C’est un sujet formidable pour lancer la rentrée. Clément Poirée a choisi de jouer avec les codes de la représentation. Le titre du spectacle, Catch, fait immédiatement référence à ce sport aux codes extrêmement marqués.
Quiconque a assisté à un match, ne serait-ce qu’à la télévision (et il y en avait souvent quand j’étais jeune), connait la dimension théâtrale des combats. Non seulement dans son déroulement, avec un ring qui évoque le podium d’une scène, un maître de cérémonie aux accents de bonimenteur, un arbitre qui a parfois un air de Monsieur Loyal, et surtout des combattants qui sur-jouent des douleurs qu’ils ne ressentent pas nécessairement, et puis des cris, des figures de style qui s’enchaînent selon une mécanique somme toute très théâtrale.
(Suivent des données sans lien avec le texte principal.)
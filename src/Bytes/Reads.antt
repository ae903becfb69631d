-- ===== src/Bytes/Reads.antt =====
-- Reading back what was written: the pieces of a message are read one after the other.
use mutiny_net.Prelude.{ℕ, ◌≡◌, refl, ap, sym, subst, List, [], ◌∷◌, ◌++◌, take, drop, length}
use mutiny_net.Prelude.Int.{ℤ}
use mutiny_net.Prelude.Result.{Result, ok, err, ok-injective}
use mutiny_net.Bytes.{
  le_value, to_bytes, to_bytes_signed, le_value_signed, Reader, ◌>>=◌, give, read, read_int,
  read_signed,
}
use mutiny_net.Bytes.Values.{to_bytes-eq-ok, to_bytes_signed-eq-ok}
use mathlib.Core.List.{append_assoc}

-- What the writer gives, if it gives anything, is read as `a`, and the rest of the stream is left.
pub record Reads {ℓ} {A : Type ℓ} (writer : Result (List ℕ)) (reader : Reader A) (a : A)
    : Type ℓ where
  pub back : (s rest : List ℕ) → writer ≡ ok s → reader (s ++ rest) ≡ (a, rest)

-- `r += …` of two writers, the first raising first
infixr 60 ◌+>◌
abbrev pub ◌+>◌ : Result (List ℕ) → Result (List ℕ) → Result (List ℕ)
ok s +> ok t = ok (s ++ t)
ok s +> err e = err e
err e +> n = err e

pub take-append : (s rest : List ℕ) → take (length s) (s ++ rest) ≡ s
take-append [] rest = refl
take-append (b ∷ s) rest = ap (λ (t : List ℕ). b ∷ t) (take-append s rest)

pub drop-append : (s rest : List ℕ) → drop (length s) (s ++ rest) ≡ rest
drop-append [] rest = refl
drop-append (b ∷ s) rest = drop-append s rest

pub Reads-bytes : (s : List ℕ) → Reads (ok s) (read (length s)) s
unfolding read
Reads-bytes s = record {
  back = λ t rest e.
      subst (λ (u : List ℕ). read (length s) (u ++ rest) ≡ (s, rest)) (ok-injective e)
        (rw (take-append s rest, drop-append s rest) refl);
}

pub Reads-int : (n k : ℕ) → Reads (to_bytes n k) (read_int n) k
unfolding read_int
Reads-int n k = record {
  back = λ s rest e.
      let (l, v) = to_bytes-eq-ok n k s e in
      subst
        (λ (i : ℕ).
          ◌≡◌ {A = ℕ × List ℕ} (le_value (take i (s ++ rest)), drop i (s ++ rest)) (k, rest))
        l (rw (take-append s rest, drop-append s rest, v) refl);
}

pub Reads-signed : (n : ℕ) (k : ℤ) → Reads (to_bytes_signed n k) (read_signed n) k
unfolding read_signed
Reads-signed n k = record {
  back = λ s rest e.
      let (l, v) = to_bytes_signed-eq-ok n k s e in
      subst
        (λ (i : ℕ).
          ◌≡◌ {A = ℤ × List ℕ} (le_value_signed n (take i (s ++ rest)), drop i (s ++ rest))
            (k, rest))
        l (rw (take-append s rest, drop-append s rest, v) refl);
}

pub Reads-nothing {ℓ} : {A : Type ℓ} (a : A) → Reads (ok []) (give a) a
unfolding give
Reads-nothing a = record {
  back = λ s rest e. ap (λ (t : List ℕ). (a, t ++ rest)) (sym (ok-injective e));
}

module _ {ℓ κ} {A : Type ℓ} {B : Type κ} where
  pub Reads-append :
      {m n : Result (List ℕ)} {d : Reader A} (k : A → Reader B) {a : A} {b : B}
      → Reads m d a
      → Reads n (k a) b
      → Reads (m +> n) (d >>= k) b
  unfolding ◌>>=◌
  Reads-append {m} {n} {d} k {a} {b} f g = record { back = back m n f g }
    where
      back :
          (m n : Result (List ℕ))
          → Reads m d a
          → Reads n (k a) b
          → (s rest : List ℕ) → (m +> n) ≡ ok s
          → (d >>= k) (s ++ rest) ≡ (b, rest)
      back (ok x) (ok y) f g s rest e =
          subst (λ (u : List ℕ). (d >>= k) (u ++ rest) ≡ (b, rest)) (ok-injective e)
            (rw (append_assoc x y rest, f.back x (y ++ rest) refl) (g.back y rest refl))
      back (ok x) (err z) f g s rest e = cc
      back (err z) n f g s rest e = cc

  pub Reads-map :
      {m : Result (List ℕ)} {d : Reader A} {a : A} (f : A → B)
      → Reads m d a
      → Reads m (d >>= (λ x. give (f x))) (f a)
  unfolding ◌>>=◌ give
  Reads-map f r = record { back = λ s rest e. rw (r.back s rest e) refl }

  -- A continuation that reads nothing.
  pub Reads-give :
      {m : Result (List ℕ)} {d : Reader A} (k : A → Reader B) {a : A} {b : B}
      → Reads m d a
      → k a ≡ give b
      → Reads m (d >>= k) b
  unfolding ◌>>=◌ give
  Reads-give k r e = record { back = λ s rest h. rw (r.back s rest h, e) refl }

  -- A continuation of what is given.
  pub Reads-after_give :
      {n : Result (List ℕ)} (k : A → Reader B) (a : A) {b : B}
      → Reads n (k a) b
      → Reads n (give a >>= k) b
  unfolding ◌>>=◌ give
  Reads-after_give k a r = record { back = r.back }

pub Reads-assoc {ℓ κ μ} :
    {A : Type ℓ} {B : Type κ} {C : Type μ} {n : Result (List ℕ)} (d : Reader A) (e : A → Reader B)
    (k : B → Reader C) {c : C}
    → Reads n (d >>= (λ a. e a >>= k)) c
    → Reads n ((d >>= e) >>= k) c
unfolding ◌>>=◌
Reads-assoc d e k r = record { back = r.back }

-- Bytes of a known length
pub Reads-exact :
    {m : Result (List ℕ)} (n : ℕ) {s : List ℕ} → m ≡ ok s → length s ≡ n → Reads m (read n) s
Reads-exact {m} n {s} e l =
    subst (λ (k : ℕ). Reads m (read k) s) l
      (subst (λ (w : Result (List ℕ)). Reads w (read (length s)) s) (sym e) (Reads-bytes s))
Même le nom des héros s’apparente à des noms de scène.
Le metteur en scène a raison de voir dans le catch un endroit de purgation des passions. Il a sollicité 5 auteurs en leur demandant de réinventer les figures pour qu’elles racontent nos conflits intérieurs et ceux qui agitent la société. L’intention du metteur en scène est de nous permettre de lâcher nos peurs comme nos colères face aux injustices ou à l‘incertitude du futur.
Il nous avait promis des entrées spectaculaires, des coups, et du défoulement dans une ambiance qui ait quelque chose à voir avec le monde forain. Le pari était osé. Il est gagné. La meilleure preuve est que, même si nous étions autorisés à quitter notre place à n’importe quel moment pour nous rafraîchir (c’est vrai qu’il faisait chaud dans le théâtre) et revenir comme bon nous semblait, nous sommes restés majoritairement, pour ne pas perdre une miette du spectacle. Nous avions l’entracte pour nous dégourdir les jambes.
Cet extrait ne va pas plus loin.